It’s no cakewalk, to say the least. Vermintide is one of those games that works best when buddied up people you know, barking commands at one another. Even on its easiest difficulty setting, it took no less than seven games to finally secure a win as my teammates constantly floundered.


There’s a definite learning curve. When advancing from one checkpoint to the next, you’ll instinctively learn to watch your flanks, pick out targets, and conserve items such as health kits and bombs. Where regular clanrats can easily be dispatched in a single blow or shot from a ranged weapon, there are other, more advanced breeds thrown into the mix.

Packrats can incapacitate heroes, dragging them helplessly away to a dark corner of the map. Meanwhile globadiers and gunners can wreak havoc from afar, often forcing players to break their defensive line or run for cover. Gutter runners are particularly nasty, pinning unsuspecting players to the ground, ripping into their health bar. Among others, there are also the rat ogres – towering mutants that quickly draw a party’s attention with their devastating attack and surprising mobility. You might notice the shades of Left 4 Dead within those special enemies.

With no mid-level checkpoint, Vermintide can be a frustrating, unforgiving affair. Aside from progressing through the campaign, you’ll quickly join the hunt for precious loot with which to power up your heroes. Unlike some games where gear can often be found on fallen enemies or tucked away in chests, here you get one item each time you clear a stage.

The rarity of that weapon is determined by a random number generator, the results of which can be improved by finding collectibles throughout the mission. Still, there’s nothing more demoralising than half an hour of intense fighting only to receive a common sword at the very end. That grind will prove a huge turn-off for casual players, though Fatshark is in the process of reworking the system.

The jump from PC to console has been fairly seamless, despite having less content and the occasional server issues. Swinging a great axe or shooting a bow feels great on a gamepad, though some added functionality wouldn’t have gone amiss. Given the game’s overriding focus on teamwork, having some kind of chat or command system is essential when playing with randoms, but it’s something that’s missing.
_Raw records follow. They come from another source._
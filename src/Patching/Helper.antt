-- ===== src/Patching/Helper.antt =====
-- util/patch/patch.go: making a helper, and the three patches of an object.
use addonconfig.Common.Result.{Result, ok, err}
use addonconfig.Common.{
  Bool, not, ◌&&◌, Option, none, some, List, [], ◌∷◌, ◌==◌, any, String, if◌then◌else◌,
}
use addonconfig.Conditions.Sprintf.{sprintf, quote}
use addonconfig.Patching.Platform.{Platform, GroupVersionKind}
use addonconfig.Patching.Options.{
  HelperOptions, HelperOption, no_helper_options, apply_helper_options,
}
use addonconfig.Patching.Copies.{
  Fields, PatchType, spec_patch, status_patch, unstructured_has_status, unsafe_unstructured_copy,
}
use addonconfig.Patching.Retry.{
  Helper, World, Request, patch_request, status_request, requested, patch_status_conditions,
}

-- `==` on kinds.
abbrev pub gvk_eq : GroupVersionKind → GroupVersionKind → Bool
gvk_eq a b = a.group == b.group && a.version == b.version && a.kind == b.kind

-- `shouldPatch`
unfoldable pub should_patch : List String → String → Bool
should_patch changes name = any (λ k. k == name) changes

module _ {Error Object : Type 0} (p : Platform Error Object) where
  open p use {
    State, Json, new_error, wrap, aggregate, gvk_text, gvk_for_object, is_setter, to_unstructured,
    from_unstructured, get_generation, set_nested_field, without_field, merge_data, unmarshal_map,
    patch_status,
  }

  abbrev pub helper_for :
      Object → GroupVersionKind → Result Error (Fields Json) → Result Error (Helper p)
  helper_for obj gvk (err e) = err e
  helper_for obj gvk (ok fields) = ok (record {
    gvk = gvk;
    before_object = obj;
    before = fields;
    is_conditions_setter = is_setter obj;
  })

  abbrev pub helper_of_kind : Object → Result Error GroupVersionKind → Result Error (Helper p)
  helper_of_kind obj (err e) = err e
  helper_of_kind obj (ok gvk) = helper_for obj gvk (to_unstructured obj)

  -- `NewHelper`; an object that is nil is `none`.
  unfoldable pub new_helper : Option Object → Result Error (Helper p)
  new_helper none = err (new_error "helper could not be created: object is nil")
  new_helper (some obj) = helper_of_kind obj (gvk_for_object obj)

  abbrev pub keys : Fields Json → List String
  keys [] = []
  keys ((k, v) ∷ fields) = k ∷ keys fields

  abbrev pub keys_of : Result Error (Fields Json) → Result Error (List String)
  keys_of (err e) = err (wrap e "failed to unmarshal patch data into a map")
  keys_of (ok diff) = ok (keys diff)

  abbrev pub changes_in : Result Error String → Result Error (List String)
  changes_in (err e) = err (wrap e "failed to calculate patch data")
  changes_in (ok text) = keys_of (unmarshal_map text)

  -- `calculateChanges`; the set is the list of its keys.
  unfoldable pub calculate_changes : Helper p → Object → Result Error (List String)
  calculate_changes h after = changes_in (merge_data h.before_object after)

  abbrev pub both : Result Error Object → Result Error Object → Result Error (Object × Object)
  both (err e) after = err e
  both (ok before) (err e) = err e
  both (ok before) (ok after) = ok (before, after)

  -- `calculatePatch`: the objects before and after, with the focus only.
  unfoldable pub calculate_patch :
      Helper p → Fields Json → Object → PatchType → Result Error (Object × Object)
  unfolding unsafe_unstructured_copy
  calculate_patch h after_fields after_obj focus =
      let (before, before_left) =
        unsafe_unstructured_copy Json without_field h.before focus h.is_conditions_setter in
      let (after, after_left) =
        unsafe_unstructured_copy Json without_field after_fields focus h.is_conditions_setter in
      both (from_unstructured before h.before_object) (from_unstructured after after_obj)

  abbrev sent : World p → Request → State × Option Error → World p × Option Error
  sent w r (s, e) = (requested p w r s, e)

  abbrev pub send_patch : World p → Result Error (Object × Object) → World p × Option Error
  send_patch w (err e) = (w, some e)
  send_patch w (ok (before, after)) = sent w patch_request (p.patch w.server before after)

  -- `patch`
  unfoldable pub patch_spec :
      Helper p → List String → Fields Json → World p → Object → World p × Option Error
  unfolding should_patch calculate_patch
  patch_spec h changes after w obj =
      if not (should_patch changes "metadata") && not (should_patch changes "spec")
      then (w, none)
      else send_patch w (calculate_patch h after obj spec_patch)

  abbrev pub send_status : World p → Result Error (Object × Object) → World p × Option Error
  send_status w (err e) = (w, some e)
  send_status w (ok (before, after)) = sent w status_request (patch_status w.server before after)

  -- `patchStatus`
  unfoldable pub patch_status_part :
      Helper p → List String → Fields Json → World p → Object → World p × Option Error
  unfolding should_patch calculate_patch
  patch_status_part h changes after w obj =
      if not (should_patch changes "status")
      then (w, none)
      else send_status w (calculate_patch h after obj status_patch)

  -- What `Patch` returns, with the object as it leaves it.
  abbrev pub Patched : Type 0
  Patched = World p × Option Object × Option Error

  abbrev failed : World p → Object → Error → Patched
  failed w obj e = (w, some obj, some e)

  -- The three patches one after the other, whatever the ones before came to.
  unfoldable pub issue_patches :
      Helper p → HelperOptions → Fields Json → List String → World p → Object → Patched
  unfolding patch_status_conditions patch_spec patch_status_part
  issue_patches h options after changes w obj =
      let (w1, e1) =
        patch_status_conditions p h w obj options.force_overwrite_conditions
          options.owned_conditions in
      let (w2, e2) = patch_spec h changes after w1 obj in
      let (w3, e3) = patch_status_part h changes after w2 obj in
      (w3, some obj, aggregate (e1 ∷ e2 ∷ e3 ∷ []))

  abbrev pub patch_changes :
      Helper p
      → HelperOptions
      → Fields Json
      → World p
      → Object
      → Result Error (List String)
      → Patched
  patch_changes h options after w obj (err e) = failed w obj e
  patch_changes h options after w obj (ok changes) = issue_patches h options after changes w obj

  abbrev pub restored :
      Helper p → HelperOptions → Fields Json → World p → Object → Result Error Object → Patched
  restored h options after w obj (err e) = failed w obj e
  restored h options after w obj (ok obj') =
      patch_changes h options after w obj' (calculate_changes h obj')

  abbrev pub observed :
      Helper p → HelperOptions → World p → Object → Result Error (Fields Json) → Patched
  observed h options w obj (err e) = failed w obj e
  observed h options w obj (ok after) = restored h options after w obj (from_unstructured after obj)

  -- What follows the conversion: the generation is set where it is asked for and there is a status.
  unfoldable pub patch_converted :
      Helper p → HelperOptions → World p → Object → Result Error (Fields Json) → Patched
  unfolding unstructured_has_status calculate_changes issue_patches
  patch_converted h options w obj (err e) = failed w obj e
  patch_converted h options w obj (ok after) =
      if unstructured_has_status Json after && options.include_status_observed_generation
      then observed h options w obj
          (set_nested_field after (get_generation after) ("status" ∷ "observedGeneration" ∷ []))
      else patch_changes h options after w obj (calculate_changes h obj)

  abbrev pub patch_of_kind :
      Helper p → World p → Object → List HelperOption → Result Error GroupVersionKind → Patched
  patch_of_kind h w obj opts (err e) = failed w obj e
  patch_of_kind h w obj opts (ok gvk) =
      if not (gvk_eq gvk h.gvk)
      then failed w obj (
          new_error (
            sprintf "unmatched GroupVersionKind, expected %q got %q"
              (quote (gvk_text h.gvk) ∷ quote (gvk_text gvk) ∷ [])))
      else patch_converted h (apply_helper_options opts no_helper_options) w obj
          (to_unstructured obj)

  -- `Patch`; an object that is nil is `none`.
  unfoldable pub patch : Helper p → World p → Option Object → List HelperOption → Patched
  unfolding patch_converted apply_helper_options
  patch h w none opts = (w, none, some (new_error "Patch could not be completed: object is nil"))
  patch h w (some obj) opts = patch_of_kind h w obj opts (gvk_for_object obj)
Naturally, having a small number of active players also affects the game. There was a point where my progress came to a sudden halt as I was unable to find a group tackling the level I needed to beat. Almost a year after its original release, Vermintide’s companion AI are still not up to the job. I approached the Wizard’s Tower several times with bots in tow, but they were bloody useless to say the least, walking into walls and completely ignoring me when I was swamped by gutter runners or in need of reviving.

When everything goes to plan, however, Vermintide stands out as one of the best, most unique, co-op games on the market. It’s flawed and frustrating, but there’s a certain charm at play and a foundation that Fatshark can hopefully mould into a sequel.

Written by
Senior Editor bursting with lukewarm takes and useless gaming trivia. May as well surgically attach my DualSense at this point.


  1. I always thought this was third person for some reason.

  2. Yes, but are all the baddies still cockneys ;p

  3. It’s still bugged to all hell. Can’t end a match without the game saying “Can’t connect to server”, and sending me back to the main menu.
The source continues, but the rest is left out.